Won't be long before my mother's birthday, when my brothers and sister in law and I gathered in a North Dakota cemetary to gently place my mother in her grave. Yeah, my partner has always complained all my poetry dwells on death and/or love. Well, gosh, those are the pivotal points of the universe.) I wrote a bit about my mother on my other blog, here.

Tuesday, May 22, 2007

another poem

Thinking about the post I last made in my outside the windows blog, about Eden, made me consider how many poems I wrote over the years involving those miscarried children.
The one below appeared years ago in Yankee magazine, out of New England, before they ended their poetry page, much to the regret of the lovely editor (who lived, pardoxically, in southern California). And to my regret as well.

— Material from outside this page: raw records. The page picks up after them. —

-- ===== src/Kernel/Smoke.antt =====
-- The echo smoke test (kernel/src/net/smoke.rs, `run`), behind the set-up of the interface and of the
-- socket, over the calls of smoltcp and of the timer, which are parameters. What it returns is the state
-- in which the kernel ends with the passing word; a panic ends it with the failing one.
pub mod Ends
use apex_os_rv.Prelude.{
  ℕ, zero, suc, ◌+◌, ◌-◌, ◌*◌, ◌/◌, Bool, true, false, not, ◌&&◌, Option, List, [], ◌∷◌, ◌++◌, take,
  length, ltb, leb, Text, codes, ◌==◌, list_eq, nat_eq, Outcome, returned, panicked, out_of_fuel,
  and_then, expect, if◌then◌else◌,
}
use apex_os_rv.Kernel.Watchdog.{u64, wrapping_sub, ticks_per_sec}

abbrev pub ping : Text
ping = codes "apexos-rv: ping over tcp\n"

abbrev pub timeout_ticks : ℕ
timeout_ticks = 10 * ticks_per_sec

-- The interface with its socket, and the timer. `send_slice` says how many bytes it took, `recv_slice`
-- hands out so many bytes at most; an error is none.
pub record EchoTcp (T : Type 0) : Type 0 where
  pub poll : T → T
  pub can_send : T → Bool
  pub send_slice : List ℕ → T → Option (ℕ × T)
  pub can_recv : T → Bool
  pub recv_slice : ℕ → T → Option (List ℕ × T)
  pub close : T → T
  pub mtime : T → ℕ × T
  pub wait : ℕ → T → T

-- The variables of the loop; `buf` is its first `echoed` bytes.
pub record Smoke (T : Type 0) : Type 0 where
  pub socket : T
  pub sent : Bool
  pub buf : List ℕ

-- How a round ends.
pub data Step (T : Type 0) : Type 0 where
  passes : Smoke T → Step T
  goes_on : Smoke T → Step T

module _ {T : Type 0} (tcp : EchoTcp T) where
  unfoldable pub send_ping : Smoke T → Outcome (Smoke T)
  send_ping s =
      if not s.sent && tcp.can_send s.socket
      then and_then (expect (tcp.send_slice ping s.socket))
          (λ r. returned (record s { socket = r.1; sent = true }))
      else returned s

  -- What arrived so far, against the ping.
  unfoldable pub judge : Smoke T → Outcome (Step T)
  judge s =
      if leb (length ping) (length s.buf)
      then (if take (length ping) s.buf == ping
          then returned (passes (record s { socket = tcp.close s.socket }))
          else panicked)
      else returned (goes_on s)

  unfoldable pub take_echo : Smoke T → Outcome (Step T)
  take_echo s =
      if s.sent && tcp.can_recv s.socket
      then and_then (expect (tcp.recv_slice (64 - length s.buf) s.socket))
          (λ r. judge (record s { socket = r.1; buf = s.buf ++ r.0 }))
      else returned (goes_on s)

  -- The body of the loop, up to the idle.
  unfoldable pub smoke_round : ℕ → Smoke T → Outcome (Step T)
  smoke_round start s =
      let (now, t) = tcp.mtime s.socket in
      if ltb timeout_ticks (wrapping_sub now start)
      then panicked
      else and_then (send_ping (record s { socket = tcp.poll t })) take_echo

  unfoldable pub idle : Smoke T → Smoke T
  idle s =
      let (now, t) = tcp.mtime s.socket in
      record s { socket = tcp.wait (u64 (now + ticks_per_sec / 1000)) t }

  -- The end of a round, with the rounds behind it.
  abbrev pub and_on : (Smoke T → Outcome (Smoke T)) → Step T → Outcome (Smoke T)
  and_on rest (passes s) = returned s
  and_on rest (goes_on s) = rest (idle s)

  unfoldable pub smoke_loop : ℕ → ℕ → Smoke T → Outcome (Smoke T)
  smoke_loop zero start s = out_of_fuel
  smoke_loop (suc fuel) start s = and_then (smoke_round start s) (and_on (smoke_loop fuel start))

  unfoldable pub smoke : ℕ → T → Outcome (Smoke T)
  smoke fuel t =
      let (start, t') = tcp.mtime t in
      smoke_loop fuel start (record { socket = t'; sent = false; buf = [] })
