-- ===== src/Kernel/Session.antt =====
-- Receiving over the mesh session (`Mesh::try_next_text`, kernel/src/net/mesh.rs). The WebSocket
-- library's calls are parameters, and the operations of the session below them an interface, which
-- Kernel.Link fills. The `while` loop goes by fuel. A panic ends the kernel.
pub mod Receive
pub mod Fragments
pub mod Client
use apex_os_rv.Prelude.{
  ℕ, zero, suc, Bool, true, false, Option, none, some, List, [], ◌∷◌, ◌++◌, drop, Text, Outcome,
  returned, panicked, out_of_fuel, and_then, expect, if◌then◌else◌,
}
use apex_os_rv.Str.Trim.{is_empty}

pub data MessageType : Type 0 where
  text ping close_must_reply close_completed other : MessageType

-- `WebSocketReadResult`, with the payload `&frame[..len_to]`.
pub record Frame : Type 0 where
  pub len_from : ℕ
  pub message_type : MessageType
  pub end_of_message : Bool
  pub payload : List ℕ

-- What `read` returns; `ReadFrameIncomplete` stands apart from the other errors.
pub data Decoded (Ws : Type 0) : Type 0 where
  decoded : Frame → Ws → Decoded Ws
  frame_incomplete : Decoded Ws
  failed : Decoded Ws

-- `read`, `write` for a text and for a pong, `close`, and the conversions between a `str` and its
-- bytes; `none` is an error.
pub record WebSocket (Ws : Type 0) : Type 0 where
  pub read : Ws → List ℕ → Decoded Ws
  pub write_text : Ws → List ℕ → Option (List ℕ × Ws)
  pub write_pong : Ws → List ℕ → Option (List ℕ × Ws)
  pub write_close : Ws → Option (List ℕ × Ws)
  pub as_bytes : Text → List ℕ
  pub from_utf8 : List ℕ → Option Text

-- `pump`, which returns the bytes that it appends to `rx_raw`, `blocking_send_raw`, `idle_tick` up to a
-- deadline, and what `close_clean` asks of the socket and of the timer besides.
pub record Stream (Link : Type 0) : Type 0 where
  pub pump : Link → Outcome (List ℕ × Link)
  pub blocking_send_raw : List ℕ → Link → Outcome Link
  pub idle_tick : ℕ → Link → Outcome Link
  pub mtime : Link → ℕ × Link
  pub nap : Link → Link
  pub poll : Link → Link
  pub close : Link → Link

pub record Mesh (Ws Link : Type 0) : Type 0 where
  pub link : Link
  pub ws : Ws
  pub rx_raw : List ℕ
  pub msg_partial : List ℕ
  pub session_id : ℕ

-- How a round of the loop ends: the call returns, or the loop goes on.
pub data Round (M : Type 0) : Type 0 where
  returns : Option Text → M → Round M
  goes_on : M → Round M

module _ {Ws Link : Type 0} (web : WebSocket Ws) (stream : Stream Link) where
  -- The match on the message type; the bytes of the frame are drained already.
  unfoldable pub on_message : MessageType → Frame → Mesh Ws Link → Outcome (Round (Mesh Ws Link))
  on_message text r mesh =
      let partial = mesh.msg_partial ++ r.payload in
      if r.end_of_message
      then and_then (expect (web.from_utf8 partial))
          (λ t. returned (returns (some t) (record mesh { msg_partial = [] })))
      else returned (goes_on (record mesh { msg_partial = partial }))
  on_message ping r mesh = and_then (expect (web.write_pong mesh.ws r.payload)) (λ pong.
      and_then (stream.blocking_send_raw pong.0 mesh.link)
        (λ link. returned (goes_on (record mesh { ws = pong.1; link = link }))))
  on_message close_must_reply r mesh = panicked
  on_message close_completed r mesh = panicked
  on_message other r mesh = returned (goes_on mesh)

  unfoldable pub on_read : Decoded Ws → Mesh Ws Link → Outcome (Round (Mesh Ws Link))
  on_read (decoded r ws) mesh =
      on_message r.message_type r (record mesh { ws = ws; rx_raw = drop r.len_from mesh.rx_raw })
  on_read frame_incomplete mesh = returned (returns none mesh)
  on_read failed mesh = panicked

  -- The body of the loop, with its condition.
  unfoldable pub receive_round : Mesh Ws Link → Outcome (Round (Mesh Ws Link))
  receive_round mesh =
      if is_empty mesh.rx_raw
      then returned (returns none mesh)
      else on_read (web.read mesh.ws mesh.rx_raw) mesh

  -- The end of a round; `rest` is what the rounds after it come to.
  abbrev pub conclude :
      Round (Mesh Ws Link)
      → Outcome (Option Text × Mesh Ws Link)
      → Outcome (Option Text × Mesh Ws Link)
  conclude (returns t mesh) rest = returned (t, mesh)
  conclude (goes_on mesh) rest = rest

  abbrev pub left_by : Round (Mesh Ws Link) → Mesh Ws Link → Mesh Ws Link
  left_by (goes_on mesh) old = mesh
  left_by (returns t mesh) old = old

  unfoldable pub receive_loop : ℕ → Mesh Ws Link → Outcome (Option Text × Mesh Ws Link)
  receive_loop zero mesh = and_then (receive_round mesh) (λ r. conclude r out_of_fuel)
  receive_loop (suc fuel) mesh =
      and_then (receive_round mesh) (λ r. conclude r (receive_loop fuel (left_by r mesh)))

  unfoldable pub try_next_text : ℕ → Mesh Ws Link → Outcome (Option Text × Mesh Ws Link)
  try_next_text fuel mesh =
      and_then (stream.pump mesh.link)
        (λ got. receive_loop fuel (record mesh { link = got.1; rx_raw = mesh.rx_raw ++ got.0 }))
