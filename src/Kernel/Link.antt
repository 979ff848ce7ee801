-- ===== src/Kernel/Link.antt =====
-- The bytes under the mesh session (`Mesh::pump`, `idle_tick` and `blocking_send_raw`,
-- kernel/src/net/mesh.rs), over the calls of smoltcp and of the timer, which are parameters.
pub mod Total
pub mod Sends
pub mod Stuck
use apex_os_rv.Prelude.{
  ℕ, zero, suc, ◌+◌, Bool, true, false, Option, none, some, List, [], ◌++◌, drop, length, ltb,
  Outcome, returned, panicked, out_of_fuel, and_then, expect, if◌then◌else◌,
}
use apex_os_rv.Kernel.Watchdog.{u64, ticks_per_sec}
use apex_os_rv.Kernel.Session.{Stream}

-- The interface with its socket, and the timer. `recv` hands out a buffer and takes all of it,
-- `send_slice` says how many bytes it took, where `none` is an error, `mtime` reads the timer, a
-- u64, and `wait` arms a deadline and sleeps.
pub record Tcp (T : Type 0) : Type 0 where
  pub poll : T → T
  pub can_recv : T → Bool
  pub recv : T → List ℕ × T
  pub can_send : T → Bool
  pub send_slice : List ℕ → T → Option (ℕ × T)
  pub close : T → T
  pub mtime : T → ℕ × T
  pub wait : ℕ → T → T

abbrev pub establish_timeout : ℕ
establish_timeout = 100000000

-- A millisecond.
abbrev pub tick : ℕ
tick = 10000

module _ {T : Type 0} (tcp : Tcp T) where
  unfoldable pub nap : T → T
  nap t = let (now, t') = tcp.mtime t in tcp.wait (u64 (now + tick)) t'

  unfoldable pub idle_tick : ℕ → T → Outcome T
  unfolding nap
  idle_tick deadline t =
      let (now, t') = tcp.mtime t in if ltb deadline now then panicked else returned (nap t')

  -- The `while` loop of `pump`, with the bytes that it appends.
  unfoldable pub drain : ℕ → T → Outcome (List ℕ × T)
  drain zero t = if tcp.can_recv t then out_of_fuel else returned ([], t)
  drain (suc fuel) t =
      let (buffer, t') = tcp.recv t in
      let rest = drain fuel t' in
      if tcp.can_recv t
      then and_then rest (λ more. returned (buffer ++ more.0, more.1))
      else returned ([], t)

  unfoldable pub pump : ℕ → T → Outcome (List ℕ × T)
  unfolding drain
  pump fuel t = drain fuel (tcp.poll t)

  -- The first half of a round of the sending loop, from the offset `off`.
  unfoldable pub send_some : List ℕ → ℕ → T → Outcome (ℕ × T)
  send_some bytes off t =
      let polled = tcp.poll t in
      if tcp.can_send polled
      then and_then (expect (tcp.send_slice (drop off bytes) polled))
          (λ sent. returned (off + sent.0, sent.1))
      else returned (off, polled)

  -- The second half.
  unfoldable pub idle_unless_done : ℕ → List ℕ → ℕ × T → Outcome (ℕ × T)
  idle_unless_done deadline bytes (off, t) =
      if ltb off (length bytes)
      then and_then (idle_tick deadline t) (λ t'. returned (off, t'))
      else returned (off, t)

  unfoldable pub send_round : ℕ → List ℕ → ℕ → T → Outcome (ℕ × T)
  send_round deadline bytes off t =
      and_then (send_some bytes off t) (idle_unless_done deadline bytes)

  unfoldable pub send_loop : ℕ → ℕ → List ℕ → ℕ → T → Outcome T
  send_loop zero deadline bytes off t =
      if ltb off (length bytes) then out_of_fuel else returned (tcp.poll t)
  send_loop (suc fuel) deadline bytes off t =
      let rest =
        and_then (send_round deadline bytes off t)
          (λ (off', t'). send_loop fuel deadline bytes off' t') in
      if ltb off (length bytes) then rest else returned (tcp.poll t)

  unfoldable pub blocking_send_raw : ℕ → List ℕ → T → Outcome T
  blocking_send_raw fuel bytes t =
      let (now, t') = tcp.mtime t in send_loop fuel (u64 (now + establish_timeout)) bytes 0 t'

  -- The session's stream, with fuel for `pump` by the state and for sending.
  abbrev pub tcp_stream : (T → ℕ) → ℕ → Stream T
  tcp_stream pump_fuel send_fuel = record {
    pump = λ t. pump (pump_fuel t) t;
    blocking_send_raw = blocking_send_raw send_fuel;
    idle_tick = idle_tick;
    mtime = tcp.mtime;
    nap = nap;
    poll = tcp.poll;
    close = tcp.close;
  }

The princess in the lost forest

Late spring rain.
The two children of my house
watch at the windows
stir the cats, read books

full of bright pictures:
monkeys & peacocks, other
children with the sunlight in their arms
impossible animals, dragons of snow

or wind, bears dressed for tea
the princess in the lost forest.
Sometimes we turn the pages
together, their heads gold & gold

leaning toward my arms
& they ask about endings &
ever after or where in the woods
the goblins might still live

The third, who was like rain in my fingers
never tugs at my hand
or frightens the cats
She sits very still under her cover of earth

& no one names her.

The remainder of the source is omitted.